7. Мир, сотворенный заново
На следующее утро, шестнадцатого июля, я поехал в Бетел, в закусочную «Аптека Ньюмана», чтобы съесть мой любимый завтрак: яичный салат и бекон на тостах. Еще не до конца пришедший в себя после вчерашних событий, я заказал сэндвич и взял местные газеты, почти не сознавая того, что происходит вокруг, – пока не заметил, что все посетители аптеки не сводят с меня глаз и на лицах многих из них написано возмущение.
Переведя взгляд с этих лиц на газету, я увидел занимавшее целую страницу объявление: «Чтобы дать вам три дня мира и музыки, мы покидаем Уоллкилл и перебираемся в Уайт–Лейк, штат Нью–Йорк». Далее разъяснялось, что политические разногласия вынудили перенести фестиваль в Уайт–Лейк, где имеется в два раза больше свободного места, а это означает, что присутствовать на фестивале сможет даже большее число людей. Завершалось все фразой: «Увидимся в Уайт–Лейке на первой «Выставке эры Водолея»…» – так поначалу назывался фестиваль – «…15, 16 и 17 августа».
Руки у меня задрожали. Я поднял глаза на людей, набившихся в закусочную, и какой–то мужчина, точно он только этого и ждал, гневно заорал:
– Это твоих рук дело, Тейхберг! Кому здесь нужны гребанные наркоманы и извращенцы? Ну так мы тебе покажем! Будь спокоен, скоро от твоего отеля ни хрена не останется!
И сразу же в закусочной поднялся шум и крик. На меня дождем посыпались гневные проклятия и угрозы. Впрочем, небольшое число людей пыталось меня защитить. Несколько, готов признать это, испуганный, я снова уткнулся в газету, почти отключившись от стоявшего вокруг шума и гама, и вдруг сообразил, что заварил самую большую в моей жизни кашу, а все прочее – включая и эту истерическую толпу – просто хор из античной трагедии.
И когда я понял это, на меня снизошло подобие нирваны.

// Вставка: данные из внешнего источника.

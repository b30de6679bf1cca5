-- ===== src/Examples/Views.antt =====
-- The views of an account, and the theorems about them at the examples.
use sweat_jar.Base.{◌*◌, ◌≤◌, ◌≡◌, refl}
use sweat_jar.Time.{ms_in_day}
use sweat_jar.Account.{get_total_principal}
use sweat_jar.View.{
  jars_of, list_deposits, get_first_deposit, get_last_deposit, view_total_principal,
}
use sweat_jar.View.Totals.{view_total_principal-jars_of}
use sweat_jar.View.Ends.{IsEnd, first_and_last-IsEnd}
use sweat_jar.Examples.Data.{alice}

view_total_principal-jars_of_example :
    view_total_principal (jars_of alice.jars) ≡ get_total_principal alice
view_total_principal-jars_of_example = view_total_principal-jars_of alice

first_and_last-IsEnd_example :
    IsEnd
      (λ t u. u ≤ t)
      (list_deposits (jars_of alice.jars))
      (record { product_id = "year"; timestamp = 1 * ms_in_day; principal = 200000 })
    × IsEnd
        (λ t u. t ≤ u)
        (list_deposits (jars_of alice.jars))
        (record { product_id = "year"; timestamp = 20 * ms_in_day; principal = 300000 })
unfolding get_first_deposit get_last_deposit jars_of
first_and_last-IsEnd_example = first_and_last-IsEnd (jars_of alice.jars) refl refl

Не ощущая и тени страха, я заплатил за сэндвич и направился к «бьюику», а толпа хулителей и защитников двинулась, окружив меня, как если бы я был оком некоего тайфуна, следом. Одни жалобно стенали, другие грозились меня убить.
– Еврейский выродок! Думаешь, мы будем сидеть сложа руки и смотреть, как ты губишь наш город? Мы выставим отсюда и тебя, и твоих грязных хиппи еще до того, как это случится.

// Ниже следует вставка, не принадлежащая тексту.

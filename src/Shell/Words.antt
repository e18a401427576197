-- ===== src/Shell/Words.antt =====
-- How a POSIX shell reads words: an independent description of quoting, which the script relies on.
-- Characters with a meaning of their own outside quotes are refused, and so are expansions.
use microsanbox_cloud.Prelude.{
  ℕ, Bool, ◌||◌, List, [], ◌∷◌, ◌++◌, Option, none, some, Text, ◌==◌, if◌then◌else◌, ◌&&◌, leb, any,
  codes,
}
use microsanbox_cloud.Shell.{quote, double_quote}

pub data Quoted : Type 0 where
  bare single double : Quoted

-- What a character does: it ends the word, it goes on in a mode with some text, or it is refused.
pub data Reading : Type 0 where
  ends refused : Reading
  reads : Quoted → Text → Reading

abbrev pub is_blank : ℕ → Bool
is_blank c = c == 32 || c == 9

-- Characters that stand for themselves outside quotes, wherever in a word they stand: no operator,
-- expansion, pattern, comment, assignment or history mark is among them.
unfoldable pub is_literal : ℕ → Bool
is_literal c =
    leb 48 c && leb c 57
    || leb 65 c && leb c 90
    || leb 97 c && leb c 122
    || any (λ x. x == c) (codes "%+,-./:@_")

-- `$`, a backquote and a backslash have a meaning in double quotes.
abbrev pub expands : ℕ → Bool
expands c = c == 36 || c == 96 || c == 92

unfoldable pub read_char : Quoted → ℕ → Reading
unfolding is_literal
read_char bare c =
    if is_blank c
    then ends
    else if c == quote
    then reads single []
    else if c == double_quote
    then reads double []
    else if is_literal c
    then reads bare (c ∷ [])
    else refused
read_char single c = if c == quote then reads bare [] else reads single (c ∷ [])
read_char double c =
    if c == double_quote
    then reads bare []
    else if expands c
    then refused
    else reads double (c ∷ [])

-- Between two words, or in one, of which some text has been read.
pub data Place : Type 0 where
  between : Place
  inside : Quoted → Text → Place

-- The words of a text; `none` where it has an open quote or a refused character.
unfoldable pub words : Place → Text → Option (List Text)
unfolding read_char
words between [] = some []
words (inside bare word) [] = some (word ∷ [])
words (inside single word) [] = none
words (inside double word) [] = none
words between (c ∷ s) = elim (read_char bare c) [
  | ends ↦ words between s
  | refused ↦ none
  | reads mode t ↦ words (inside mode t) s
]
words (inside mode word) (c ∷ s) = elim (read_char mode c) [
  | ends ↦ elim (words between s) [ none ↦ none | some ws ↦ some (word ∷ ws) ]
  | refused ↦ none
  | reads mode' t ↦ words (inside mode' (word ++ t)) s
]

Впрочем, воплощением дьявола я представлялся не всем. Бок о бок со мной шла Эстер Миллер, женщина семидесяти – а может, и девяноста, я никогда не мог сказать точно, – лет. Беловолосая и морщинистая, Эстер владела стоявшим на городской площади отелем–развалюхой в тридцать комнат, из которых ей каждый сезон удавалось сдавать лишь три–четыре. Теперь она взяла меня за руку, а после и обняла:
– Сегодня утром, Эллиот, у меня разобрали вперед все комнаты. Спасибо. Это твоя заслуга. – Сказав это, она повернулась к толпе и закричала. – По–вашему, он губит город? Да Эллиот просто спас нас всех, идиоты!

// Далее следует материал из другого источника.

-- ===== src/Shell/Quoting.antt =====
-- The words of what `shellEscape` and `toShellCommand` write.
use mathlib.Core.List.{append-nil, append_assoc}
use microsanbox_cloud.Prelude.{
  ℕ, ◌≡◌, refl, ap, ◌∙◌, true, false, List, [], ◌∷◌, ◌++◌, some, Text, ◌==◌, arith, Bool-cases, inl,
  inr,
}
use microsanbox_cloud.Text.{join}
use microsanbox_cloud.Shell.{
  quote, is_plain, all_plain, replace_quotes, shell_escape, to_shell_command,
}
use microsanbox_cloud.Shell.Words.{
  is_literal, bare, single, reads, read_char, between, inside, words,
}

read_plain : (c : ℕ) → is_plain c ≡ true → read_char bare c ≡ reads bare (c ∷ [])
unfolding read_char is_plain is_literal
read_plain c h = ground (arith, h)

read_single : (c : ℕ) → (c == quote) ≡ false → read_char single c ≡ reads single (c ∷ [])
unfolding read_char
read_single c h = rw h

-- Plain text is read as it stands.
words-plain :
    (v word rest : Text)
    → all_plain v ≡ true
    → words (inside bare word) (v ++ rest) ≡ words (inside bare (word ++ v)) rest
unfolding words all_plain
words-plain [] word rest h = rw append-nil
words-plain (c ∷ v) word rest h =
    let first : is_plain c ≡ true = ground (arith, h) in
    rw (words, read_plain c first)
      (words-plain v (word ++ c ∷ []) rest (ground (arith, h)) ∙ rw append_assoc)

-- So is text in single quotes, with its quotes replaced.
words-replace_quotes :
    (v word rest : Text)
    → words (inside single word) (replace_quotes v ++ quote ∷ rest)
      ≡ words (inside bare (word ++ v)) rest
unfolding words replace_quotes read_char
words-replace_quotes [] word rest = rw append-nil
words-replace_quotes (c ∷ v) word rest = elim (Bool-cases (c == quote)) [
  | inl e ↦
      let same : c ≡ quote = ground (arith, e) in
      rw (e, same) (words-replace_quotes v _ rest ∙ simp (append-nil, append_assoc))
  | inr e ↦ rw (e, words, read_single c e) (words-replace_quotes v _ rest ∙ rw append_assoc)
]

plain_head : (c : ℕ) (v : Text) → all_plain (c ∷ v) ≡ true → is_plain c ≡ true
unfolding all_plain
plain_head c v e = ground (arith, e)

plain_tail : (c : ℕ) (v : Text) → all_plain (c ∷ v) ≡ true → all_plain v ≡ true
unfolding all_plain
plain_tail c v e = ground (arith, e)

-- A word that was escaped is read back, whatever follows it.
words-shell_escape :
    (v rest : Text) → words between (shell_escape v ++ rest) ≡ words (inside bare v) rest
unfolding words shell_escape
words-shell_escape [] rest = refl
words-shell_escape (c ∷ v) rest = elim (Bool-cases (all_plain (c ∷ v))) [
  | inl e ↦
      let first : is_plain c ≡ true = plain_head c v e in
      let others : all_plain v ≡ true = plain_tail c v e in
      rw (e, words, read_plain c first) (words-plain v (c ∷ []) rest others)
  | inr e ↦
      rw (e, append_assoc (replace_quotes (c ∷ v)) (quote ∷ []) rest)
        (words-replace_quotes (c ∷ v) [] rest)
]

module _ (rest : Text) (ws : List Text)
    (after_word : (w : Text) → words (inside bare w) rest ≡ some (w ∷ ws))
    (after_none : words between rest ≡ some ws) where
  words-to_shell_command :
      (command : List Text)
      → words between (to_shell_command command ++ rest) ≡ some (command ++ ws)
  unfolding to_shell_command join words
  words-to_shell_command [] = after_none
  words-to_shell_command (v ∷ []) = words-shell_escape v rest ∙ after_word v
  words-to_shell_command (v ∷ u ∷ us) =
      let behind = words-to_shell_command (u ∷ us) in
      let first = words-shell_escape v (32 ∷ (to_shell_command (u ∷ us) ++ rest)) in
      let shape : to_shell_command (v ∷ u ∷ us) ++ rest
          ≡ shell_escape v ++ (32 ∷ (to_shell_command (u ∷ us) ++ rest)) =
        simp append_assoc in
      ap (words between) shape ∙ first ∙ rw behind

-- A command is read back word for word, whatever texts its words are, and none of them adds a word
-- or ends the command; also where other words follow it on the line.
pub to_shell_command-words :
    (command ws : List Text) (rest : Text)
    → words between rest ≡ some ws
    → (words between (to_shell_command command) ≡ some command)
      × (words between (to_shell_command command ++ 32 ∷ rest) ≡ some (command ++ ws))
unfolding words
to_shell_command-words command ws rest h = (
  simp append-nil at (words-to_shell_command [] [] (λ w. refl) refl command),
  words-to_shell_command (32 ∷ rest) ws (λ w. rw h) h command,
)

А следом и Эл Хикс, владелец местного бакалейного магазина, пожал мне руку, сказав:
– Это первая удача, какая выпала нам за пятьдесят лет.
Впрочем, на хулителей моих все это большого впечатления не произвело.
– Ты хоть знаешь, что сделают с нашим городом город пятьдесят тысяч хиппи? – орал кто–то из них. – Они его с землей сравняют. Это ж наркоманы – днем они буду грабить нас, а ночью коров насиловать.
Я открыл дверцу «бьюика», уселся за руль, а толпа продолжала орать мне в спину. Кое–кто даже колотил кулаками по стеклам машины. И многие повторяли:
– Мы еще покажем и тебе, и твоим сумасшедшим родителям! Ты слышишь нас, Тейхберг? Слышишь?
Это был хороший вопрос. Какая–то часть моего сознания с опаской регистрировала все происходившее, но другая тешила себя буйными фантазиями. Наконец–то, после более чем десяти лет надежд, они начинали осуществляться. Я жил в туристском городе, который не посещался туристами, да их сюда и заманить–то было нечем. Единственная претензия Бетела на место в истории состояла в том, что он был кладбищем мафиози. В 1920–х боссы мафии, приканчивая где–нибудь в Куинсе или Бруклине прежнего коллегу, совершали двухчасовую поездку по скоростной магистрали штата Нью–Йорк и зарывали труп в Уайт–Лейке, где его никто уже и никогда отыскать не мог. Это был город, в который и живые, и мертвые приезжали затем, чтобы исчезнуть навсегда. Теперь же его предстояло возвратить к жизни самому большому, какое когда–либо видел мир, сборищу людей.